• _DATA SHOWN_
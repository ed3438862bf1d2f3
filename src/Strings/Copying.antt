-- ===== src/Strings/Copying.antt =====
-- What the copies of string.c write, and how much.
use nyxis_os.Base.{
  ℕ, zero, suc, ◌-◌, ◌≡◌, refl, ap, List, [], ◌∷◌, ◌++◌, take, replicate, length, arith, min,
}
use nyxis_os.Strings.{strlen, strnlen, strncpy, strcpy, strcat, append_up_to, strncat}

strncpy_nil : (n : ℕ) → strncpy [] n ≡ replicate n 0
unfolding strncpy
strncpy_nil zero = refl
strncpy_nil (suc n) = ap (λ s. 0 ∷ s) (strncpy_nil n)

-- `strncpy` writes exactly `n` bytes: the first bytes of the string and then zeros, so no NUL if
-- the string has `n` bytes or more.
pub strncpy_lem :
    (s : List ℕ) (n : ℕ)
    → (strncpy s n ≡ take n s ++ replicate (n - length s) 0) × (length (strncpy s n) ≡ n)
unfolding strncpy
strncpy_lem s zero = (none_left s, refl)
  where
    none_left : (s : List ℕ) → ◌≡◌ {A = List ℕ} [] (replicate (0 - length s) 0)
    none_left s = let e : 0 - length s ≡ 0 = omega arith in rw e refl
strncpy_lem [] (suc n) =
    let e : suc n - 0 ≡ suc n = omega arith in
    (rw e (ap (λ s. 0 ∷ s) (strncpy_nil n)), ap suc (strncpy_lem [] n).1)
strncpy_lem (c ∷ s) (suc n) =
    let (copied, size) = strncpy_lem s n in
    let e : suc n - suc (length s) ≡ n - length s = omega arith in
    (rw e (ap (λ t. c ∷ t) copied), ap suc size)

append_up_to_lem : (s : List ℕ) (n : ℕ) → append_up_to s n ≡ take n s ++ 0 ∷ []
unfolding append_up_to
append_up_to_lem s zero = refl
append_up_to_lem [] (suc n) = refl
append_up_to_lem (c ∷ s) (suc n) = ap (λ t. c ∷ t) (append_up_to_lem s n)

strcpy-append : (s : List ℕ) → strcpy s ≡ s ++ 0 ∷ []
unfolding strcpy
strcpy-append [] = refl
strcpy-append (c ∷ s) = ap (λ t. c ∷ t) (strcpy-append s)

-- `strcat` and `strncat` leave the string that stood there, put all or the first `n` bytes of the
-- other behind it, and end with a NUL.
pub strncat-strcat :
    (dest s : List ℕ) (n : ℕ)
    → (strcat dest s ≡ dest ++ (s ++ 0 ∷ [])) × (strncat dest s n ≡ dest ++ (take n s ++ 0 ∷ []))
unfolding strcat strncat
strncat-strcat [] s n = (strcpy-append s, append_up_to_lem s n)
strncat-strcat (d ∷ dest) s n =
    let (a, b) = strncat-strcat dest s n in (ap (λ t. d ∷ t) a, ap (λ t. d ∷ t) b)

-- `strnlen` is the length, up to the maximum, and `strlen` the length.
pub strnlen-strlen : (s : List ℕ) (n : ℕ) → (strnlen s n ≡ min (strlen s) n) × (strlen s ≡ length s)
unfolding strnlen strlen
strnlen-strlen s zero = (omega arith, len s)
  where
    len : (s : List ℕ) → strlen s ≡ length s
    len [] = refl
    len (c ∷ s) = ap suc (len s)
strnlen-strlen [] (suc n) = (omega arith, refl)
strnlen-strlen (c ∷ s) (suc n) = let (a, b) = strnlen-strlen s n in (omega (arith, a), ap suc b)
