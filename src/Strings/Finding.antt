-- ===== src/Strings/Finding.antt =====
-- What the searches of string.c find.
use nyxis_os.Base.{
  ℕ, ◌≡◌, ◌≢◌, ◌⊎◌, refl, ap, sym, Option, none, some, List, [], ◌∷◌, ◌++◌, ==_self, not-==-of-ne,
  inl, inr,
}
use native.Mathlib.Decide.{ℕ_discrete}
use nyxis_os.Base.Members.{NotIn}
use nyxis_os.Strings.{strchr, last_byte, strrchr}

-- The pointer stands at the first `c`, or there is none.
abbrev pub FirstAt : List ℕ → ℕ → Option (List ℕ) → Type 0
FirstAt s c o =
    ((before : List ℕ) × (rest : List ℕ) × (s ≡ before ++ c ∷ rest)
      × NotIn c before
      × (o ≡ some (c ∷ rest)))
    ⊎ (NotIn c s × (o ≡ none))

-- The pointer stands at the last `c`, or there is none.
abbrev pub LastAt : List ℕ → ℕ → Option (List ℕ) → Type 0
LastAt s c o =
    ((before : List ℕ) × (rest : List ℕ) × (s ≡ before ++ c ∷ rest)
      × NotIn c rest
      × (o ≡ some (c ∷ rest)))
    ⊎ (NotIn c s × (o ≡ none))

-- `strchr` finds the first place of a byte that is not NUL, or none if the string has none.
pub strchr_lem : (s : List ℕ) (c : ℕ) → c ≢ 0 → FirstAt s c (strchr s c)
unfolding strchr
strchr_lem [] c nz = inr (tt, rw (not-==-of-ne c 0 nz) refl)
strchr_lem (d ∷ s) c nz = elim (ℕ_discrete d c) [
  | yes e ↦ inl ([], s, ap (λ k. k ∷ s) e, tt, rw (e, ==_self c) refl)
  | no ne ↦ rw (not-==-of-ne d c ne) (elim (strchr_lem s c nz) [
    | inl (before, rest, shape, out, o) ↦
        inl (d ∷ before, rest, ap (λ t. d ∷ t) shape, ((λ e. ne (sym e)), out), o)
    | inr (out, o) ↦ inr (((λ e. ne (sym e)), out), o)
  ])
]

last_byte_lem :
    (s : List ℕ) (c : ℕ) (last : Option (List ℕ))
    → c ≢ 0
    → ((before : List ℕ) × (rest : List ℕ) × (s ≡ before ++ c ∷ rest)
        × NotIn c rest
        × (last_byte s c last ≡ some (c ∷ rest)))
      ⊎ (NotIn c s × (last_byte s c last ≡ last))
unfolding last_byte
last_byte_lem [] c last nz = inr (tt, rw (not-==-of-ne c 0 nz) refl)
last_byte_lem (d ∷ s) c last nz = elim (ℕ_discrete d c) [
  | yes e ↦
      rw (e, ==_self c)
        (elim (last_byte_lem s c (some (c ∷ s)) nz) [
          | inl (before, rest, shape, out, o) ↦
              inl (c ∷ before, rest, ap (λ t. c ∷ t) shape, out, o)
          | inr (out, o) ↦ inl ([], s, refl, out, o)
        ])
  | no ne ↦ rw (not-==-of-ne d c ne) (elim (last_byte_lem s c last nz) [
    | inl (before, rest, shape, out, o) ↦ inl (d ∷ before, rest, ap (λ t. d ∷ t) shape, out, o)
    | inr (out, o) ↦ inr (((λ e. ne (sym e)), out), o)
  ])
]

-- `strrchr` finds the last place of a byte that is not NUL, or none if the string has none.
pub strrchr_lem : (s : List ℕ) (c : ℕ) → c ≢ 0 → LastAt s c (strrchr s c)
unfolding strrchr
strrchr_lem s c nz = last_byte_lem s c none nz
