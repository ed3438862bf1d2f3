-- ===== src/Strings/Tests.antt =====
-- The string functions at concrete strings.
use nyxis_os.Base.{
  ℕ, ◌≡◌, ◌↔◌, refl, some, List, [], ◌∷◌, ◌++◌, ◌-◌, replicate, length, take, arith,
}
use nyxis_os.Strings.{same, strcmp, strncmp, strchr, strrchr, last_byte, strncpy, strcat, strncat}
use nyxis_os.Strings.Comparing.{strcmp_iff, strncmp_iff}
use nyxis_os.Strings.Copying.{strncpy_lem, strncat-strcat}
use nyxis_os.Strings.Finding.{FirstAt, LastAt, strchr_lem, strrchr_lem}

-- "/a/b"
abbrev path : List ℕ
path = 47 ∷ 97 ∷ 47 ∷ 98 ∷ []

abbrev slash : List ℕ
slash = 47 ∷ []

abbrev slash_a : List ℕ
slash_a = 47 ∷ 97 ∷ []

strcmp_iff_example : (strcmp slash slash ≡ same) ↔ (slash ≡ slash)
strcmp_iff_example =
    strcmp_iff slash slash ((λ e. absurd (omega (arith, e))), tt)
      ((λ e. absurd (omega (arith, e))), tt)

strncmp_iff_example : (strncmp slash_a slash 1 ≡ same) ↔ (take 1 slash_a ≡ take 1 slash)
strncmp_iff_example =
    strncmp_iff slash_a slash 1
      ((λ e. absurd (omega (arith, e))), ((λ e. absurd (omega (arith, e))), tt))
      ((λ e. absurd (omega (arith, e))), tt)

strncpy_lem_example :
    (strncpy slash_a 4 ≡ take 4 slash_a ++ replicate (4 - 2) 0) × (length (strncpy slash_a 4) ≡ 4)
strncpy_lem_example = strncpy_lem slash_a 4

strncat-strcat_example :
    (strcat slash path ≡ slash ++ (path ++ 0 ∷ []))
    × (strncat slash path 2 ≡ slash ++ (take 2 path ++ 0 ∷ []))
strncat-strcat_example = strncat-strcat slash path 2

strchr_lem_example : FirstAt path 47 (strchr path 47)
strchr_lem_example = strchr_lem path 47 (λ e. absurd (omega (arith, e)))

strrchr_lem_example : LastAt path 47 (strrchr path 47)
strrchr_lem_example = strrchr_lem path 47 (λ e. absurd (omega (arith, e)))

last_slash : strrchr path 47 ≡ some (47 ∷ 98 ∷ [])
unfolding strrchr last_byte
last_slash = refl
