-- ===== src/Uaccess.antt =====
-- nxkernel/kernel/syscall/uaccess.c: copies from and to the memory of a user process.
use nyxis_os.Base.{
  ℕ, zero, suc, ◌+◌, ◌-◌, ◌%◌, ◌^◌, Bool, true, false, not, Option, none, some, List, [], ◌∷◌, ◌++◌,
  get_or, set, ltb, ◌==◌, if◌then◌else◌, length,
}
use nyxis_os.Base.Status.{
  Result, ok, err, ◌>>◌, ◌>>=◌, fail_if, invalid_arg, not_initialized, invalid_pointer,
  path_too_long,
}
pub mod Copies
mod Tests

-- What uaccess.c uses: whether there is a current process, `paging_is_user_range` for its address
-- space, and `nx_uaccess_copy` in either direction, which stops at a fault. A store tells whether it
-- came to its end, and what it wrote before a fault stays written.
pub record User (M : Type 0) : Type 0 where
  pub has_process : Bool
  pub is_user_range : ℕ → ℕ → Bool → Bool
  pub load : ℕ → ℕ → M → Option (List ℕ)
  pub store : ℕ → List ℕ → M → Bool × M

-- A fault is an invalid pointer.
unfoldable pub no_fault : {A : Type 0} → Option A → Result A
no_fault none = err invalid_pointer
no_fault (some a) = ok a

unfoldable pub all_stored : {M : Type 0} → Bool × M → Result (Unit {0}) × M
all_stored (true, mem) = (ok tt, mem)
all_stored (false, mem) = (err invalid_pointer, mem)

module _ {M : Type 0} (u : User M) where
  unfoldable pub copy_from_user : ℕ → ℕ → M → Result (List ℕ)
  unfolding no_fault
  copy_from_user user_src len mem =
      if len == 0
      then ok []
      else fail_if (not u.has_process) not_initialized
        >> fail_if (not (u.is_user_range user_src len false)) invalid_pointer
        >> no_fault (u.load user_src len mem)

  -- The status, and the memory after the call.
  unfoldable pub copy_to_user : ℕ → List ℕ → M → Result (Unit {0}) × M
  unfolding all_stored
  copy_to_user user_dst bytes mem =
      if length bytes == 0
      then (ok tt, mem)
      else if not u.has_process
      then (err not_initialized, mem)
      else if not (u.is_user_range user_dst (length bytes) true)
      then (err invalid_pointer, mem)
      else all_stored (u.store user_dst bytes mem)

  -- The end of a round that has its byte: `next` is the next round.
  pub after_byte :
      List ℕ → (List ℕ → Result (Unit {0}) × List ℕ) → Result (List ℕ) → Result (Unit {0}) × List ℕ
  after_byte done next (err e) = (err e, done)
  after_byte done next (ok bytes) =
      let more = done ++ get_or bytes 0 0 ∷ [] in
      let rest = next more in if get_or bytes 0 0 == 0 then (ok tt, more) else rest

  -- The loop of `copy_string_from_user`, with the rounds left and the bytes that are in the buffer.
  pub string_from : ℕ → ℕ → ℕ → M → List ℕ → Result (Unit {0}) × List ℕ
  unfolding after_byte copy_from_user
  string_from zero i user_src mem done = (err path_too_long, set done (length done - 1) 0)
  string_from (suc n) i user_src mem done =
      let addr = (user_src + i) % 2 ^ 64 in
      let step = after_byte done (string_from n (i + 1) user_src mem) (copy_from_user addr 1 mem) in
      if ltb addr user_src then (err invalid_pointer, done) else step

  -- The status and what stands in the buffer.
  pub copy_string_from_user : ℕ → ℕ → M → Result (Unit {0}) × List ℕ
  unfolding string_from
  copy_string_from_user user_src max mem =
      if max == 0
      then (err invalid_arg, [])
      else if user_src == 0
      then (err invalid_pointer, [])
      else string_from max 0 user_src mem []
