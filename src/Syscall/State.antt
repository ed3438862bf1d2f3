-- ===== src/Syscall/State.antt =====
-- The state that the system calls work on, and what they call.
use nyxis_os.Base.{
  ℕ, Bool, true, false, Option, none, some, List, [], ◌∷◌, get_elem?, set, ◌≡◌, sym, ap, ◌∙◌, ◌==◌,
  if◌then◌else◌,
}
use nyxis_os.Base.Status.{Result, ok, err, not_initialized}
use nyxis_os.Base.Effect.{Eff, after, ◌>>=◌, lift}
use nyxis_os.Vfs.Handle.{FileHandle, VfsStat}
use nyxis_os.Handles.{Table, Slot, nx_handle_lookup}
use nyxis_os.Process.{Process}
use nyxis_os.Uaccess.{User, copy_from_user, copy_to_user, copy_string_from_user}
use nyxis_os.Umem.{Pages}

-- `current_process` (none if there is no process), the memory and page tables of user space, the
-- state of the file systems, and what has been printed.
pub record Kernel (M Fs : Type 0) : Type 0 where
  pub current : Option Process
  pub mem : M
  pub fs : Fs
  pub log : List ℕ

-- What syscall.c calls of other files. A read gives the bytes; a read and a write return the
-- `handle_t` too, whose offset they move.
pub record Calls (M Fs : Type 0) : Type 0 where
  pub user : User M
  pub pages : Pages M
  pub vfs_open : List ℕ → ℕ → Fs → Result FileHandle × Fs
  pub vfs_read : FileHandle → ℕ → Fs → Result (List ℕ) × FileHandle × Fs
  pub vfs_write : FileHandle → List ℕ → Fs → Result ℕ × FileHandle × Fs
  pub vfs_close : FileHandle → Fs → Fs
  pub vfs_fstat : FileHandle → Fs → Result VfsStat × Fs
  pub vfs_reopen : FileHandle → Fs → Result FileHandle × Fs
  pub timer_get_ns : ℕ
  pub timer_get_hz : ℕ
  pub memory_size : ℕ
  pub process_count : ℕ
  pub schedule : Kernel M Fs → Kernel M Fs
  pub process_sleep_ticks : ℕ → Eff (Kernel M Fs) (Unit {0})
  pub process_spawn : List ℕ → Eff (Kernel M Fs) ℕ

abbrev pub is_some {ℓ} : {A : Type ℓ} → Option A → Bool
is_some none = false
is_some (some a) = true

module _ {M Fs : Type 0} where
  -- `cur_handles`, with the check of every caller.
  abbrev pub cur_handles : Eff (Kernel M Fs) Table
  cur_handles k = elim k.current [ none ↦ (err not_initialized, k) | some p ↦ (ok p.handles, k) ]

  pub cur_handles_lem :
      (k : Kernel M Fs) {p : Process} → k.current ≡ some p → cur_handles k ≡ (ok p.handles, k)
  cur_handles_lem k e = simp (cur_handles, e)

  -- With a current process a call goes on with its table.
  pub with_table :
      {A : Type 0} (k : Kernel M Fs) {p : Process} (next : Table → Eff (Kernel M Fs) A)
      {r : Result A × Kernel M Fs}
      → k.current ≡ some p
      → after (cur_handles k) next ≡ r
      → next p.handles k ≡ r
  with_table k next e h = ap (λ c. after c next) (sym (cur_handles_lem k e)) ∙ h

  abbrev pub put_table : Table → Kernel M Fs → Kernel M Fs
  put_table t k = elim k.current [
    | none ↦ k
    | some p ↦ record k { current = some (record p { handles = t }) }
  ]

  -- A call of the file systems.
  abbrev pub on_fs : {A : Type 0} → (Fs → Result A × Fs) → Eff (Kernel M Fs) A
  on_fs call k = let r = call k.fs in (r.0, record k { fs = r.1 })

  -- The slot that a handle leads to, with its index.
  unfoldable pub find_slot : ℕ → ℕ → Eff (Kernel M Fs) (ℕ × Slot)
  find_slot handle right = do t ← cur_handles; lift (nx_handle_lookup t handle right)

-- `slots[i].file = file`
unfoldable pub set_file : Table → ℕ → FileHandle → Table
set_file t i file = elim (get_elem? t i) [ none ↦ t | some s ↦ set t i (record s { file = file }) ]

abbrev pub put_file : {M Fs : Type 0} → ℕ → FileHandle → Kernel M Fs → Kernel M Fs
put_file i file k = elim k.current [
  | none ↦ k
  | some p ↦ record k { current = some (record p { handles = set_file p.handles i file }) }
]

before_nul : List ℕ → List ℕ
before_nul [] = []
before_nul (c ∷ cs) = if c == 0 then [] else c ∷ before_nul cs

-- The C string in the buffer of a copy that has succeeded.
text_of : Result (Unit {0}) × List ℕ → Result (List ℕ)
unfolding before_nul
text_of (err e, bytes) = err e
text_of (ok u, bytes) = ok (before_nul bytes)

module _ {M Fs : Type 0} (m : Calls M Fs) where
  -- Whether there is a current process is in the state.
  abbrev pub user_of : Kernel M Fs → User M
  user_of k = record m.user { has_process = is_some k.current }

  abbrev pub to_user : ℕ → List ℕ → Eff (Kernel M Fs) (Unit {0})
  to_user addr bytes k =
      let r = copy_to_user (user_of k) addr bytes k.mem in (r.0, record k { mem = r.1 })

  abbrev pub from_user : ℕ → ℕ → Eff (Kernel M Fs) (List ℕ)
  from_user addr len k = (copy_from_user (user_of k) addr len k.mem, k)

  -- The string that a system call is given.
  unfoldable pub string_arg : ℕ → ℕ → Eff (Kernel M Fs) (List ℕ)
  unfolding text_of
  string_arg addr max k = (text_of (copy_string_from_user (user_of k) addr max k.mem), k)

• _PROBLEM STATEMENT_
Extract the lines of the preceding material that run from the line with "pub process_sleep_ticks : ℕ" through the line with "cur_handles k = elim", inclusive, reproducing them exactly and adding nothing.

• _TASK ANSWER_
  pub process_sleep_ticks : ℕ → Eff (Kernel M Fs) (Unit {0})
  pub process_spawn : List ℕ → Eff (Kernel M Fs) ℕ

abbrev pub is_some {ℓ} : {A : Type ℓ} → Option A → Bool
is_some none = false
is_some (some a) = true

module _ {M Fs : Type 0} where
  -- `cur_handles`, with the check of every caller.
  abbrev pub cur_handles : Eff (Kernel M Fs) Table
  cur_handles k = elim k.current [ none ↦ (err not_initialized, k) | some p ↦ (ok p.handles, k) ]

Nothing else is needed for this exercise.